The UK on Thursday (Feb 4) started a clinical trial by mixing doses of the Pfizer and AstraZeneca Covid-19 vaccines – the first in the world to determine the effects of using different vaccines for the first and second dose.
Patients taking part in a new clinical study, backed by £7 million funding from the government, will soon receive different Covid-19 vaccines for their first or second dose, a statement said.
The study will be run by the National Immunisation Schedule Evaluation Consortium (NISEC) across eight National Institute for Health Research (NIHR) supported sites.
It will also gather immunological evidence on different intervals between the first and second dose for a mixed-vaccine regimen against control groups when the same vaccine is used for both doses.
Thousands of variants have been documented as the virus mutates, including the so-called British, South African and Brazilian variants which appear to spread more swiftly than others.
The study has received ethics approval from the Research Ethics Committee, as well as approval from the Medicines and Healthcare products Regulatory Agency (MHRA), the statement added.
“This is a hugely important clinical trial that will provide us with more vital evidence on the safety of these vaccines when used in different ways. Nothing will be approved for use more widely than the study, or as part of our vaccine deployment programme, until researchers and the regulator are absolutely confident the approach is safe and effective,” said vaccine deployment minister Nadhim Zahawi.
“This is another great step forwards for British science, expertise and innovation, backed by government funding – and I look forward to seeing what it produces.”
The British researchers behind the trial said data on vaccinating people with the two different types of vaccines could help understanding of whether shots can be rolled out with greater flexibility around the world. Initial data on immune responses is expected to be generated around June.

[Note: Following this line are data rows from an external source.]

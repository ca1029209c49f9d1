-- ===== src/MultiSig/Quorum.antt =====
-- What it takes to execute a transaction, and whether the threshold can be met.
use current_dao_contracts.Base.{
  ⊤, length, ℤ, pos, ◌+ℤ◌, ◌-ℤ◌, ◌≤ℤ◌, ◌<ℤ◌, -ℤ_parts, ◌≡◌, ◌≢◌, inl, inr, refl, String, true,
  false, some, [], ◌∷◌, arith, eq_iff, get, has_key, get-set_ne, IsKeyed, has, ok, Option-cases,
  add_all, length-add, length-remove, remove,
}
use mathlib.Core.Path.{subst}
use current_dao_contracts.MultiSig.Defs.{
  MultiSig, Transaction, new, hash, submitted, submit_transaction, confirm_transaction,
  execute_transaction, revoke_confirmation, update_threshold, add_owner, remove_owner,
  confirmations_of,
}
use current_dao_contracts.MultiSig.Counts.{
  Method, submits, confirms, executes, revokes, updates_threshold, adds_owner, removes_owner, after,
  Reach, confirmations_counted, execute_writes,
}

-- The threshold is at least 1, and there are as many owners.
abbrev pub IsLive : MultiSig → Type 0
IsLive s =
    (pos 1 ≤ℤ s.num_confirmations_required)
    × (s.num_confirmations_required ≤ℤ pos (length s.owners))

-- Once there are as many owners as the threshold, every call keeps it so: the threshold is not
-- raised above the number of owners, and no owner is removed that it needs.
pub after-IsLive :
    (now : ℤ) (sender : String) (m : Method) (s : MultiSig)
    → IsLive s
    → IsLive (after now sender m s)
unfolding after submit_transaction confirm_transaction execute_transaction revoke_confirmation
    update_threshold add_owner remove_owner
after-IsLive now sender (submits to value payload) s h = ground arith
after-IsLive now sender (confirms id) s h = ground arith
after-IsLive now sender (executes id) s h = ground arith
after-IsLive now sender (revokes id) s h = ground arith
after-IsLive now sender (updates_threshold n) s h = ground arith
after-IsLive now sender (adds_owner o) s h = ground (arith, length-add o s.owners)
after-IsLive now sender (removes_owner o) s h =
    ground (arith, length-remove o s.owners, -ℤ_parts (pos (length s.owners)) (pos 1))

-- The constructor counts the names that it is given, not the owners: one name given twice passes for
-- two owners, and the threshold of 2 is above the number of owners.
pub repeated_owner_locks :
    (o : String)
    → (s : MultiSig) × (new (o ∷ o ∷ []) (pos 2) ≡ ok s)
      × (s.owners ≡ o ∷ [])
      × (pos (length s.owners) <ℤ s.num_confirmations_required)
unfolding new add_all
repeated_owner_locks o = (
  record {
    transactions = [];
    confirmations = [];
    owners = o ∷ [];
    num_confirmations_required = pos 2;
    transaction_count = pos 0;
  },
  ground (arith, eq_iff o o),
  refl,
  omega arith,
)

-- In every multisig that calls lead to: the call that executes a transaction comes from an owner, not
-- after the deadline, and finds at least as many stored confirmations of it, each from another
-- account, as the threshold asks.
pub executed_with_quorum :
    (now : ℤ) (sender id : String) (s : MultiSig) (tx tx' : Transaction)
    → Reach s
    → get id s.transactions ≡ some tx
    → tx.executed ≡ false
    → get id (execute_transaction now id sender s).1.transactions ≡ some tx'
    → tx'.executed ≡ true
    → (has sender s.owners ≡ true)
      × (now ≤ℤ tx.deadline)
      × IsKeyed (confirmations_of id s)
      × (s.num_confirmations_required ≤ℤ pos (length (confirmations_of id s)))
executed_with_quorum now sender id s tx tx' r at before e done =
    let (keyed, counted) = confirmations_counted id tx r at in
    elim (execute_writes now id sender s tx at) [
      | inl same ↦ absurd (cc (same, at, e, before, done))
      | inr (owner, quorum, intime, wrote) ↦
          (owner, intime, keyed, subst (λ n. s.num_confirmations_required ≤ℤ n) counted quorum)
    ]

-- A submission does not come out at the id `id`.
abbrev pub IsApart : ℤ → Method → String → MultiSig → Type 0
IsApart now (submits to value payload) id s = hash now to value payload s.transaction_count ≢ id
IsApart _ _ _ _ = ⊤

confirm_settled :
    (now : ℤ) (sender id key : String) (s : MultiSig) (tx : Transaction)
    → get id s.transactions ≡ some tx
    → tx.executed ≡ true
    → get id (confirm_transaction now key sender s).1.transactions ≡ some tx
unfolding confirm_transaction
confirm_settled now sender id key s tx at done = elim (Option-cases (get key s.transactions)) [
  | inl absent ↦ ground arith
  | inr (found, at') ↦ ground (
    arith,
    eq_iff key id,
    get-set_ne key id (record found { num_confirmations = found.num_confirmations +ℤ pos 1 })
        s.transactions,
  )
]

revoke_settled :
    (sender id key : String) (s : MultiSig) (tx : Transaction)
    → get id s.transactions ≡ some tx
    → tx.executed ≡ true
    → get id (revoke_confirmation key sender s).1.transactions ≡ some tx
unfolding revoke_confirmation
revoke_settled sender id key s tx at done = elim (Option-cases (get key s.transactions)) [
  | inl absent ↦ ground arith
  | inr (found, at') ↦ ground (
    arith,
    eq_iff key id,
    get-set_ne key id (record found { num_confirmations = found.num_confirmations -ℤ pos 1 })
        s.transactions,
  )
]

execute_settled :
    (now : ℤ) (sender id key : String) (s : MultiSig) (tx : Transaction)
    → get id s.transactions ≡ some tx
    → tx.executed ≡ true
    → get id (execute_transaction now key sender s).1.transactions ≡ some tx
unfolding execute_transaction
execute_settled now sender id key s tx at done = elim (Option-cases (get key s.transactions)) [
  | inl absent ↦ ground arith
  | inr (found, at') ↦
      ground
        (arith, eq_iff key id, get-set_ne key id (record found { executed = true }) s.transactions)
]

-- A transaction that is executed stays stored as it is: it cannot be confirmed, revoked or executed
-- again. Only a submission whose id comes out the same is left aside.
pub executed_stays :
    (now : ℤ) (sender id : String) (m : Method) (s : MultiSig) (tx : Transaction)
    → get id s.transactions ≡ some tx
    → tx.executed ≡ true
    → IsApart now m id s
    → get id (after now sender m s).transactions ≡ some tx
unfolding after submit_transaction update_threshold add_owner remove_owner
executed_stays now sender id (submits to value payload) s tx at done apart =
    let key = hash now to value payload s.transaction_count in
    ground (arith, get-set_ne key id (submitted now key to value payload) s.transactions apart)
executed_stays now sender id (confirms key) s tx at done apart =
    confirm_settled now sender id key s tx at done
executed_stays now sender id (executes key) s tx at done apart =
    execute_settled now sender id key s tx at done
executed_stays now sender id (revokes key) s tx at done apart =
    revoke_settled sender id key s tx at done
executed_stays now sender id (updates_threshold n) s tx at done apart = ground arith
executed_stays now sender id (adds_owner o) s tx at done apart = ground arith
executed_stays now sender id (removes_owner o) s tx at done apart = ground arith

-- The removal of an owner leaves that owner's confirmations in force: a transaction that the owner
-- confirmed, with a counter just at the threshold, keeps the confirmation and can still be executed by
-- another owner.
pub removed_owner_counts :
    (now : ℤ) (gone sender id : String) (s : MultiSig) (tx : Transaction)
    → get id s.transactions ≡ some tx
    → tx.executed ≡ false
    → now ≤ℤ tx.deadline
    → has_key gone (confirmations_of id s) ≡ true
    → tx.num_confirmations ≡ s.num_confirmations_required
    → has gone s.owners ≡ true
    → s.num_confirmations_required <ℤ pos (length s.owners)
    → has sender (remove gone s.owners) ≡ true
    → let (r, s') = remove_owner gone "0xSelf" s in
      (r ≡ ok tt)
      × (s'.owners ≡ remove gone s.owners)
      × (has_key gone (confirmations_of id s') ≡ true)
      × ((execute_transaction now id sender s').0 ≡ ok tt)
unfolding remove_owner execute_transaction
removed_owner_counts now gone sender id s tx at before intime confirmed counted owner spare other =
    ground (arith, -ℤ_parts (pos (length s.owners)) (pos 1))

Professor Jonathan Van-Tam, deputy chief medical officer and senior responsible officer for the study, said: “Given the inevitable challenges of immunising large numbers of the population against Covid-19 and potential global supply constraints, there are definite advantages to having data that could support a more flexible immunisation programme, if needed and if approved by the medicines regulator.
“It is also even possible that by combining vaccines, the immune response could be enhanced giving even higher antibody levels that last longer; unless this is evaluated in a clinical trial we just won’t know. This study will give us greater insight into how we can use vaccines to stay on top of this nasty disease.”
According to a statement, patients will be recruited in February via the NHS Covid-19 Vaccine Research Registry, with vaccinations expected to start towards the middle of the month and initial results to be made available over the summer period.
“This is a tremendously exciting study that will provide information vital to the roll out of vaccines in the UK and globally. We call on those aged 50 years and above who have not yet received a Covid-19 vaccine to visit our website to find out more about the study and see if there is a study site near them,” said chief investigator Matthew Snape, associate professor in paediatrics and vaccinology at the University of Oxford.
“If we do show that these vaccines can be used interchangeably in the same schedule this will greatly increase the flexibility of vaccine delivery, and could provide clues as to how to increase the breadth of protection against new virus strains.”